On Averaging and Extrapolation for Gradient Descent
Alan Luner, Benjamin Grimmer
TL;DR
The paper analyzes how averaging and extrapolation of gradient-descent iterates affect worst-case convergence in smooth convex optimization, using Performance Estimation Problems to obtain exact guarantees. It proves that averaging the iterates cannot improve and often worsens performance for typical gradient-descent step patterns, while a simple extrapolation strategy with x_σ = x_0 + c(x_N − x_0) yields provable improvements that match the benefit of roughly O(sqrt(N/log N)) extra gradient steps, with the best results obtained for c up to a critical value c_crit ≈ 1 + Θ(1/√(N log N)). The results are shown to be tight via dual certificates and Hub er function constructions, and numerical experiments extend the insights to other first-order methods and real-world data, highlighting practical gains in memory-constrained settings.
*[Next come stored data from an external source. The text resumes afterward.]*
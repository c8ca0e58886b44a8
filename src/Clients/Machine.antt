-- ===== src/Clients/Machine.antt =====
-- ClientManager: the native messages, and all its calls as one machine.
use quick_desk.Base.{ℕ, ℤ, Bool, String, List, [], ◌∷◌, Option, string_eq}
use quick_desk.Transfer.Data.{Files, Message as FileMessage, Url}
use quick_desk.Transfer.Sessions.{clear_completed, end_all_sessions}
use quick_desk.Transfer.Cancel.{cancel}
use quick_desk.Transfer.Messages.{handle_message}
use quick_desk.Transfer.Steps.{fire}
use quick_desk.Clients.State.{
  Display, FileEvent, set_ice_config, Capabilities, error_occurred, hello_response_received,
  clipboard_received, cursor_shape_changed, skill_bridge_response_received,
  virtual_display_state_changed, ClientManager, Settings, emit, find_device_id,
  set_active_device_id,
}
use quick_desk.Clients.Lifecycle.{
  set_messaging, connect_to_host, disconnect_from_host, disconnect_all,
}
use quick_desk.Clients.Notices.{
  for_device, handle_signaling_state_changed, HostInfo, handle_connection_state_changed,
  handle_host_connected, handle_host_disconnected, handle_connection_failed,
  handle_host_connection_failed, handle_display_list_changed, handle_file_event,
  handle_host_capabilities, handle_video_frame_ready,
}
use quick_desk.Clients.Transfers.{
  Entry, handle_connection_list_changed, on_transfers, start_file_upload, start_file_download,
}

unfoldable pub on_messaging_error : String → ClientManager → ClientManager
on_messaging_error text m =
    emit (error_occurred "" "MESSAGING_ERROR" text)
      (record m { transfers = end_all_sessions m.transfers })

-- The members of a native message beyond those that the queue reads; `id` is connectionId.
pub data Body : Type 0 where
  hello_response : String → Body
  signaling_state : String → ℤ → ℤ → String → Body
  connection_state : String → HostInfo → Body
  connection_list : List Entry → Body
  video_frame : Bool → ℤ → ℤ → ℤ → String → Body
  clipboard : String → Body
  error_message : String → String → Body
  connection_failed : String → String → Body
  host_connected host_disconnected : Body
  host_connection_failed : ℤ → Body
  cursor_shape : ℤ → ℤ → ℤ → ℤ → String → Body
  display_list : List Display → ℤ → Body
  host_capabilities : Capabilities → Body
  -- The members that the queue has read too.
  file_event : FileEvent → Body
  skill_bridge_response virtual_display_state : String → Body
  -- The responses that are only logged, and the types that are not modelled or not known.
  other_message : Body

unfoldable pub handle_body : Settings → String → Body → ClientManager → ClientManager
handle_body s id (hello_response version) m = emit (hello_response_received version) m
handle_body s id (signaling_state state retry next error) m =
    for_device id (handle_signaling_state_changed state retry next error) m
handle_body s id (connection_state text info) m =
    for_device id (handle_connection_state_changed text info) m
handle_body s id (connection_list es) m = handle_connection_list_changed es m
handle_body s id (video_frame attaches index width height name) m =
    for_device id (handle_video_frame_ready attaches index width height name) m
handle_body s id (clipboard text) m =
    for_device id (λ device m. emit (clipboard_received device text) m) m
handle_body s id (error_message code text) m =
    emit (error_occurred (find_device_id id m) code text) m
handle_body s id (connection_failed code text) m =
    for_device id (handle_connection_failed s code text) m
handle_body s id host_connected m = for_device id handle_host_connected m
handle_body s id host_disconnected m = for_device id (handle_host_disconnected s) m
handle_body s id (host_connection_failed code) m =
    for_device id (handle_host_connection_failed s code) m
handle_body s id (cursor_shape width height x y image) m =
    for_device id (λ device m. emit (cursor_shape_changed device width height x y image) m) m
handle_body s id (host_capabilities supports) m =
    for_device id (handle_host_capabilities supports) m
handle_body s id (display_list displays active) m =
    for_device id (handle_display_list_changed displays active) m
handle_body s id (file_event event) m = for_device id (handle_file_event event) m
handle_body s id (skill_bridge_response json) m =
    for_device id (λ device m. emit (skill_bridge_response_received device json) m) m
handle_body s id (virtual_display_state json) m =
    for_device id (λ device m. emit (virtual_display_state_changed device json) m) m
handle_body s id other_message m = m

-- The queue reads every message first.
unfoldable pub on_message_received :
    Settings → Bool → String → FileMessage → Body → ClientManager → ClientManager
on_message_received s ready fresh wire body m =
    handle_body s wire.connection_id body (on_transfers ready (handle_message fresh wire) m)

pub data Step : Type 0 where
  sets_messaging : Option ℕ → Step
  connects : Bool → String → String → String → String → Step
  disconnects : Bool → String → Step
  disconnects_all : Bool → Step
  activates : String → Step
  receives : Bool → String → FileMessage → Body → Step
  fails : String → Step
  uploads : Bool → Files → String → String → Url → Step
  downloads : Bool → Files → String → String → Step
  cancels : Bool → String → Step
  clears : Step
  configures : String → Step
  -- The i-th timer of the queue.
  fires : Bool → Files → ℕ → Step

unfoldable pub step : Settings → Step → ClientManager → ClientManager
step s (sets_messaging messaging) m = set_messaging messaging m
step s (connects ready device code token url) m =
    (connect_to_host s ready device code token url m).0
step s (disconnects ready device) m = disconnect_from_host s ready device m
step s (disconnects_all ready) m = disconnect_all ready m
step s (activates device) m = set_active_device_id device m
step s (receives ready fresh wire body) m = on_message_received s ready fresh wire body m
step s (fails text) m = on_messaging_error text m
step s (uploads ready fs fresh device url) m = start_file_upload ready fs fresh device url m
step s (downloads ready fs save_dir device) m = start_file_download ready fs save_dir device m
step s (cancels ready task) m = on_transfers ready (cancel task) m
step s (configures json) m = set_ice_config json m
step s clears m = record m { transfers = clear_completed m.transfers }
step s (fires ready fs i) m = on_transfers ready (fire fs i) m

unfoldable pub run : Settings → List Step → ClientManager → ClientManager
run s [] m = m
run s (x ∷ xs) m = run s xs (step s x m)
Overall, the work clarifies when extrapolation helps, quantifies the achievable gains, and demonstrates a cheap post-processing option to boost performance for smooth convex optimization.
Abstract
This work considers the effect of averaging, and more generally extrapolation, of the iterates of gradient descent in smooth convex optimization. After running the method, rather than reporting the final iterate, one can report either a convex combination of the iterates (averaging) or a generic combination of the iterates (extrapolation). For several common stepsize sequences, including recently developed accelerated periodically long stepsize schemes, we show averaging cannot improve gradient descent's worst-case performance and is, in fact, strictly worse than simply returning the last iterate. In contrast, we prove a conceptually simple and computationally cheap extrapolation scheme strictly improves the worst-case convergence rate: when initialized at the origin, reporting $(1+1/\sqrt{16N\log(N)})x_N$ rather than $x_N$ improves the best possible worst-case performance by the same amount as conducting $O(\sqrt{N/\log(N)})$ more gradient steps. Our analysis and characterizations of the best-possible convergence guarantees are computer-aided, using performance estimation problems. Numerically, we find similar (small) benefits from such simple extrapolation for a range of gradient methods.